PGA Tour to adopt ban of anchored strokes
The PGA Tour announced Monday that it will implement the ban of anchored strokes beginning Jan. 1, 2016, opting to not go against golf's governing bodies and adhere to the rules set forth by the United States Golf Association and R&A.
The PGA Tour announced Monday that it will implement the ban of anchored strokes beginning Jan. 1, 2016, opting not to go against golf's governing bodies and adhere to the rules set forth by the United States Golf Association and R&A.
PGA Tour commissioner Tim Finchem, who in February expressed the tour's desire that the proposed ban be rescinded, said the PGA Tour's policy board came to the decision during a meeting at the Greenbrier Classic.

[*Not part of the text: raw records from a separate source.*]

-- ===== src/Decision/Request/Valid.antt =====
-- Which requests are refused.
use greenwave.Prelude.{
  ◌≡◌, refl, Bool, true, false, not, ◌&&◌, ◌||◌, Option, none, some, arith, List, [], ◌∷◌, all, inl,
  inr, Bool-cases,
}
use greenwave.Outcome.{
  Error, bad_request, unsupported_media_type, Result, ok, raise, ◌>>=◌, bind-eq-ok,
}
use greenwave.Json.{Json, bool, Object, empty, entry, lookup}
use greenwave.Subject.{Subject}
use greenwave.Policy.{Policy}
use greenwave.Policy.Services.{Services}
use greenwave.Decision.{Decision, check, waive}
use greenwave.Decision.Request.{
  Application, DecisionResponse, services_for, decision_for, subjects_checked, policies_or,
  check_subjects, response_of, Options, read_options, on_demand_policies, decide, has_value,
  no_items, contexts_of, check_request, verbose_of, make_decision,
}
use greenwave.Subject.Requested.{decision_subjects}

-- A product version, and either contexts or rules.
abbrev pub asks_once : Object → Bool
asks_once request =
    has_value "product_version" request
    && (has_value "decision_context" request || has_value "rules" request)
    && (no_items (contexts_of request) || not (has_value "rules" request))

abbrev pub is_flag : Option Json → Bool
is_flag none = true
is_flag (some (bool b)) = true
is_flag (some v) = false

-- HTTP 415 for the empty request, and HTTP 400 for any other.
abbrev pub refuses : Object → Error → Bool
refuses empty (unsupported_media_type message) = true
refuses (entry k v d) (bad_request message) = true
refuses request e = false

check_request-asks_once :
    (request : Object) → check_request request ≡ ok tt → asks_once request ≡ true
unfolding check_request
check_request-asks_once empty h = absurd (ground arith)
check_request-asks_once (entry k v d) h = ground arith

check_request_refused :
    (request : Object)
    → asks_once request ≡ false
    → (e : Error) × (check_request request ≡ raise e) × (refuses request e ≡ true)
unfolding check_request
check_request_refused empty h = (unsupported_media_type _, refl, refl)
check_request_refused (entry k v d) h =
    elim (Bool-cases (has_value "product_version" (entry k v d))) [
      | inr unversioned ↦
          (bad_request "Missing required product version", rw unversioned refl, refl)
      | inl version ↦
          elim (Bool-cases
            (has_value "decision_context" (entry k v d) || has_value "rules" (entry k v d))) [
              | inr neither ↦
                  (bad_request "Either decision_context or rules is required.", ground arith, refl)
              | inl one ↦
                  (bad_request "Cannot have both decision_context and rules", ground arith, refl)
            ]
    ]

-- A request without a product version, without both contexts and rules, or with both, is refused, whatever
-- the configuration and the services are: with HTTP 415 when it is empty, and otherwise with HTTP 400.
pub make_decision_refused :
    (app : Application) (request : Object)
    → asks_once request ≡ false
    → (e : Error) × (make_decision app request ≡ raise e) × (refuses request e ≡ true)
unfolding make_decision
make_decision_refused app request h =
    let (e, refused, kind) = check_request_refused request h in (e, rw refused refl, kind)

verbose_of-is_flag :
    (request : Object) (verbose : Bool)
    → verbose_of request ≡ ok verbose
    → is_flag (lookup "verbose" request) ≡ true
unfolding verbose_of
verbose_of-is_flag request verbose h = ground arith

-- The steps of a request that is decided.
pub record Steps (app : Application) (request : Object) (response : DecisionResponse) : Type 0 where
  pub options : Options
  pub valid : check_request request ≡ ok tt
  pub policies_made : on_demand_policies app request ≡ ok options.on_demand
  pub flag : verbose_of request ≡ ok options.verbose
  pub read : read_options app request options.verbose options.on_demand ≡ ok options
  pub decided : decide app request options ≡ ok response

read_options-verbose :
    (app : Application) (request : Object) (verbose : Bool) (on_demand : List Policy)
    (options : Options)
    → read_options app request verbose on_demand ≡ ok options
    → (options.verbose ≡ verbose) × (options.on_demand ≡ on_demand)
unfolding read_options
read_options-verbose app request verbose on_demand options h = ground arith

pub make_decision-Steps :
    (app : Application) (request : Object) (response : DecisionResponse)
    → make_decision app request ≡ ok response
    → Steps app request response
unfolding make_decision
make_decision-Steps app request response h =
    let (valid, passed, h1) =
      bind-eq-ok (check_request request)
        (λ valid. on_demand_policies app request >>= λ on_demand. verbose_of request >>= λ verbose.
          read_options app request verbose on_demand >>= decide app request)
        h in
    let (on_demand, made, h2) =
      bind-eq-ok (on_demand_policies app request)
        (λ on_demand. verbose_of request >>= λ verbose.
          read_options app request verbose on_demand >>= decide app request)
        h1 in
    let (verbose, flag, h3) =
      bind-eq-ok (verbose_of request)
        (λ verbose. read_options app request verbose on_demand >>= decide app request) h2 in
    let (options, read, decided) =
      bind-eq-ok (read_options app request verbose on_demand) (decide app request) h3 in
    let (same, kept) = read_options-verbose app request verbose on_demand options read in
    record {
      options = options;
      valid = passed;
      policies_made = rw kept made;
      flag = rw same flag;
      read = rw (same, kept) read;
      decided = decided;
    }

abbrev pub is_ok {ℓ} : {A : Type ℓ} → Result A → Bool
is_ok (ok a) = true
is_ok (raise e) = false

check_subjects-is_ok :
    (services : Services) (policies : List Policy) (subjects : List (Result Subject))
    (d d' : Decision)
    → check_subjects services policies subjects d ≡ ok d'
    → all is_ok subjects ≡ true
unfolding check_subjects
check_subjects-is_ok services policies [] d d' h = refl
check_subjects-is_ok services policies (raise e ∷ rest) d d' h = absurd (ground arith)
check_subjects-is_ok services policies (ok s ∷ rest) d d' h =
    let (next, checked, h') =
      bind-eq-ok (check services d s policies) (check_subjects services policies rest) h in
    check_subjects-is_ok services policies rest next d' h'

-- A request that is decided has been checked and waived.
pub decide-waived :
    (app : Application) (request : Object) (options : Options) (response : DecisionResponse)
    → decide app request options ≡ ok response
    → (d d' : Decision) × (subjects_checked app request options ≡ ok d)
      × (waive (services_for app options) d ≡ ok d')
      × (response_of request d' ≡ response)
unfolding decide
decide-waived app request options response h =
    let (d, checked, h') =
      bind-eq-ok (subjects_checked app request options)
        (λ d. waive (services_for app options) d >>= λ d'. ok (response_of request d')) h in
    let (d', waived, made) =
      bind-eq-ok (waive (services_for app options) d) (λ d'. ok (response_of request d')) h' in
    (d, d', checked, waived, ground arith)

-- A decision is returned only for a request with a product version and with either decision contexts
-- or rules, whose verbose flag, if it has one, is a Boolean; and each subject that the request names
-- could be read.
pub make_decision_valid :
    (app : Application) (request : Object) (response : DecisionResponse)
    → make_decision app request ≡ ok response
    → (asks_once request ≡ true)
      × (is_flag (lookup "verbose" request) ≡ true)
      × (all is_ok (decision_subjects app.subject_types request) ≡ true)
make_decision_valid app request response h =
    let steps = make_decision-Steps app request response h in
    let (d, d', checked, waived, made) =
      decide-waived app request steps.options response steps.decided in
    (
      check_request-asks_once request steps.valid,
      verbose_of-is_flag request steps.options.verbose steps.flag,
      check_subjects-is_ok (services_for app steps.options)
          (policies_or steps.options.on_demand app.policies)
          (decision_subjects app.subject_types request) (decision_for steps.options) d checked,
    )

But Finchem also strongly suggested that the USGA/R&A should consider extending the time period for amateur players beyond Jan. 1, 2016.
"In making its decision, the Policy Board recognized that there are still varying opinions among our membership, but ultimately concluded that while it is an important issue, a ban on anchored strokes would not fundamentally affect a strong presentation of our competitions or the overall success of the PGA Tour," Finchem said in a statement. "The Board also was of the opinion that having a single set of rules on acceptable strokes applicable to all professional competitions worldwide was desirable and would avoid confusion."
The issue of anchored strokes -- seen among players who use a belly putter or a long putter -- has been a contentious one since the USGA and R&A's joint announcement in November that it was proposing a ban to begin with a new rules cycle in 2016, Rule 14-1b. Many prominent players, including Adam Scott, Keegan Bradley and Webb Simpson, were vocal in their displeasure for the rules change, given that the practice has been allowed for decades and there is no discernible statistical evidence that suggests the method is a benefit.
Four of the past seven major winners, including Scott at this year's Masters, used an anchored stroke. The USGA and R&A have said anchored-stroke putting flies in the face of the traditions of the game.
Nonetheless, there existed the possibility that the PGA Tour -- which has always followed the rules of the governing bodies -- could go its own way and not implement the ban. The PGA of America, which runs the PGA Championship and the Ryder Cup when it is played in America, also had fought the rules change, but last week said it would defer to the PGA Tour.
By adopting the change, the PGA Tour avoids a potentially messy situation where the rules could be different in regular PGA Tour events and major championships.
But it also left open that very possibility in the future.
"Although the Board has elected to follow the USGA in this case at the elite level, it continues to be mindful of its responsibility to review future rule changes that might be adopted by the USGA in order to determine whether they should apply to PGA Tour competitions," Finchem said. "It is not inconceivable that there may come a time in the future when the Policy Board determines that a rule adopted by the USGA, including in the area of equipment, may not be in the best interests of the PGA Tour and that a local rule eliminating or modifying such a USGA rule may be appropriate.
"Having said that, we have been assured by the USGA that as we move forward we will have an open and effective communication process on a number of levels with the decision makers at the USGA. Importantly, this will include a direct communication between the Commissioner's Office of the PGA Tour and the USGA Executive Committee. Such a process will ensure that our position is fully and carefully considered and addressed in future rule making."
Finchem said he hopes the governing bodies will offer a longer grace period to recreational players, as it did in the case of nonconforming grooves, which were banned starting in 2010 but are allowed for recreational players until 2024.
"The Policy Board continues to believe that extending the time period the ban would go into effect for amateurs would be beneficial for golf participation and the overall health of the game," Finchem said.
The tour still could enact the ban earlier. Later this year, the PGA Tour is going to a wrap-around schedule, meaning the new season begins in the fall. For the 2015-16 season, there would possibly be a period of several events where anchoring is allowed before it is banned starting on Jan. 1, 2016.